Senza soffermarci oltremisura su questo pur cruciale elemento, pensiamo al fatto che ci si riferisce a tale avvenimento con la parola Olocausto, che letteralmente indica un sacrificio a scopo devozionale, e che solo per questo tragico evento usiamo la “O” maiuscola, come se indicassimo il sacrificio per eccellenza. Ovviamente nella dottrina cristiana questo è teoricamente quello di Cristo in croce, e in generale lo era per il sentire dei cristiani prima di tale avvenimento. Qua c’è evidentemente un qualcosa che tocca la sfera del Sacro ed è interessante a questo proposito rilevare che l’archetipo del sacrificio di Dio è proprio del cristianesimo e non del giudaismo post-veterotestamentario, a ulteriore riprova del fatto che la dinamica che stiamo esaminando è fondamentalmente un movimento del primo in direzione del secondo. O pensiamo al fatto che in molti Paesi occidentali è reato condurre delle ricerche sulla Shoah che possano arrivare a ridimensionarne in qualche modo la versione storicamente accertata o anche solo discuterne in modo improprio a livello di opinione personale. Anche qua non è necessario approfondire la questione, e meno che mai mettere in dubbio le dinamiche e le cifre ufficiali della Shoah, ma solo rilevare che se una verità è dispensata dall’indagine scientifica e non si può trattare soggettivamente è perché evidentemente gode di uno status paragonabile con le debite contestualizzazioni a quello che fino a prima dell’era moderna era riservato nella Cristianità alle sole verità di fede cristiane. Al contrario nessun legislatore oggi si sognerebbe mai di emanare una legge per condannare chi metta in dubbio, per esempio, la storicità della vita e della morte di Gesù Cristo.
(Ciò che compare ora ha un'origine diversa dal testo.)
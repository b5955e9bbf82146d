-- ===== src/Demo/Session/Kept.antt =====
-- presidium-demo/src/session.rs: what a chat session keeps while its messages are sent and read.
use presidium.Base.{◌-◌, ◌≡◌, refl, true, false, arith, inl, inr, Result-cases, Option-cases}
use presidium.Crypto.Constants.{Bytes}
use presidium.Crypto.Primitives.{Primitives, Signatures, Json}
use presidium.Crypto.Ratchet.{RatchetMessageHeader, ChainKey, DoubleRatchet}
use presidium.Crypto.Ratchet.Messages.{
  skip_loop, with_receiving, decrypt, decrypt_at, decrypt_fresh, dh_ratchet,
}
use presidium.Crypto.Identity.{HybridSignature}
use presidium.Network.Messages.{NetworkEnvelope}
use presidium.Demo.Envelopes.{Hash, parse_header, verify_envelope}
use presidium.Demo.Session.{ChatSession, chat_decrypt, open_payload, advance_ratchet, with_ratchet}

-- The ratchet of the same session.
abbrev pub SameSession : DoubleRatchet → DoubleRatchet → Type 0
SameSession r r' = (r'.session_id ≡ r.session_id) × (r'.associated_data ≡ r.associated_data)

module _ ⦃p : Primitives⦄ where
  dh_ratchet-SameSession : (r : DoubleRatchet) (key : Bytes) → SameSession r (dh_ratchet r key).0
  unfolding dh_ratchet
  dh_ratchet-SameSession r key = ground arith

module _ ⦃p : Primitives⦄ ⦃header_json : Json RatchetMessageHeader⦄ where
  decrypt_at-SameSession :
      (r : DoubleRatchet) (chain : ChainKey) (payload : Bytes) (header : RatchetMessageHeader)
      → SameSession r (decrypt_at r chain payload header).0
  unfolding decrypt_at
  decrypt_at-SameSession r chain payload header = ground arith

  decrypt_fresh-SameSession :
      (r : DoubleRatchet) (payload : Bytes) (header : RatchetMessageHeader)
      → SameSession r (decrypt_fresh r payload header).0
  unfolding decrypt_fresh
  decrypt_fresh-SameSession r payload header = elim (Option-cases r.receiving_chain.chain_key) [
    | inl none_key ↦ rw none_key (refl, refl)
    | inr (chain, some_key) ↦
        let ((chain', skipped), result) =
          skip_loop (header.message_number - chain.index) chain
            r.receiving_chain.skipped_message_keys in
        ground (
          arith,
          some_key,
          decrypt_at-SameSession (with_receiving r chain' skipped) chain' payload header,
        )
  ]

  decrypt-SameSession :
      (r : DoubleRatchet) (payload : Bytes) (header : RatchetMessageHeader)
      → SameSession r (decrypt r payload header).0
  unfolding decrypt
  decrypt-SameSession r payload header = ground (arith, decrypt_fresh-SameSession r payload header)

module _ ⦃p : Primitives⦄ ⦃s : Signatures⦄ ⦃hash : Hash⦄ ⦃header_json : Json RatchetMessageHeader⦄
    ⦃json : Json HybridSignature⦄ where
  advance_ratchet-SameSession :
      (r : DoubleRatchet) (key : Bytes) → SameSession r (advance_ratchet r key).0
  unfolding advance_ratchet
  advance_ratchet-SameSession r key = ground (arith, dh_ratchet-SameSession r key)

  open_payload-SameSession :
      (r : DoubleRatchet) (payload : Bytes) (header : RatchetMessageHeader)
      → SameSession r (open_payload r payload header).0
  unfolding open_payload
  open_payload-SameSession r payload header =
      let (r', advanced) = advance_ratchet r header.dh_public_key in
      ground (
        arith,
        advance_ratchet-SameSession r header.dh_public_key,
        decrypt-SameSession r' payload header,
      )

  -- Reading a message changes nothing of a session but its ratchet.
  pub chat_decrypt_kept :
      (session : ChatSession) (envelope : NetworkEnvelope)
      → SameSession session.ratchet (chat_decrypt session envelope).0.ratchet
        × ((chat_decrypt session envelope).0
            ≡ with_ratchet session (chat_decrypt session envelope).0.ratchet)
  unfolding chat_decrypt
  chat_decrypt_kept session envelope = elim (Result-cases (parse_header envelope.nonce)) [
    | inr (e, unparsed) ↦ rw (chat_decrypt, unparsed) ((refl, refl), refl)
    | inl (header, parsed) ↦ elim (Result-cases (verify_envelope session.peer_identity envelope)) [
      | inr (e, failed) ↦ rw (chat_decrypt, parsed, failed) ((refl, refl), refl)
      | inl (false, refused) ↦ rw (chat_decrypt, parsed, refused) ((refl, refl), refl)
      | inl (true, accepted) ↦
          rw (chat_decrypt, parsed, accepted)
            (open_payload-SameSession session.ratchet envelope.encrypted_payload header, refl)
    ]
  ]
E così via potremmo citare sentenze divenute di senso comune come «Dov’era Dio ad Auschwitz?»[4] o «Dio è morto ad Auschwitz»[5] in cui il campo di concentramento sembra diventare un nuovo e tangibile Calvario e Adolf Hitler con i suoi esecutori i carnefici per eccellenza. E ancora rilevare come nel continuo e doveroso riportare alla memoria quella immane tragedia ci sia una perenne riattualizzazione – proprio come una continua ripetizione è quella del memoriale della morte e della resurrezione di Cristo – cioè una sorta di liturgia laica nella quale le massime autorità sono coloro che l’hanno vissuta in prima persona, o coloro che sono deputati a portarne il ricordo, e alla quale tutti i cittadini sono chiamati a partecipare. Tutti, a prescindere dal credo o dal non-credere, perché ciò che rappresenta è alla base stessa della scala di priorità che si è data la civiltà nata dalle ceneri della Seconda Guerra Mondiale, e per questo non può essere relegata, come ormai avviene nella nostra società per le espressioni religiose tradizionali, alla sfera personale o di comunità specifiche.
[4]cfr. Elie Wiesel, La Notte (Giuntina, 1986).
[5]cfr. Richard L. Rubenstein, After Auschwitz (John Hopkins University Press, 1992).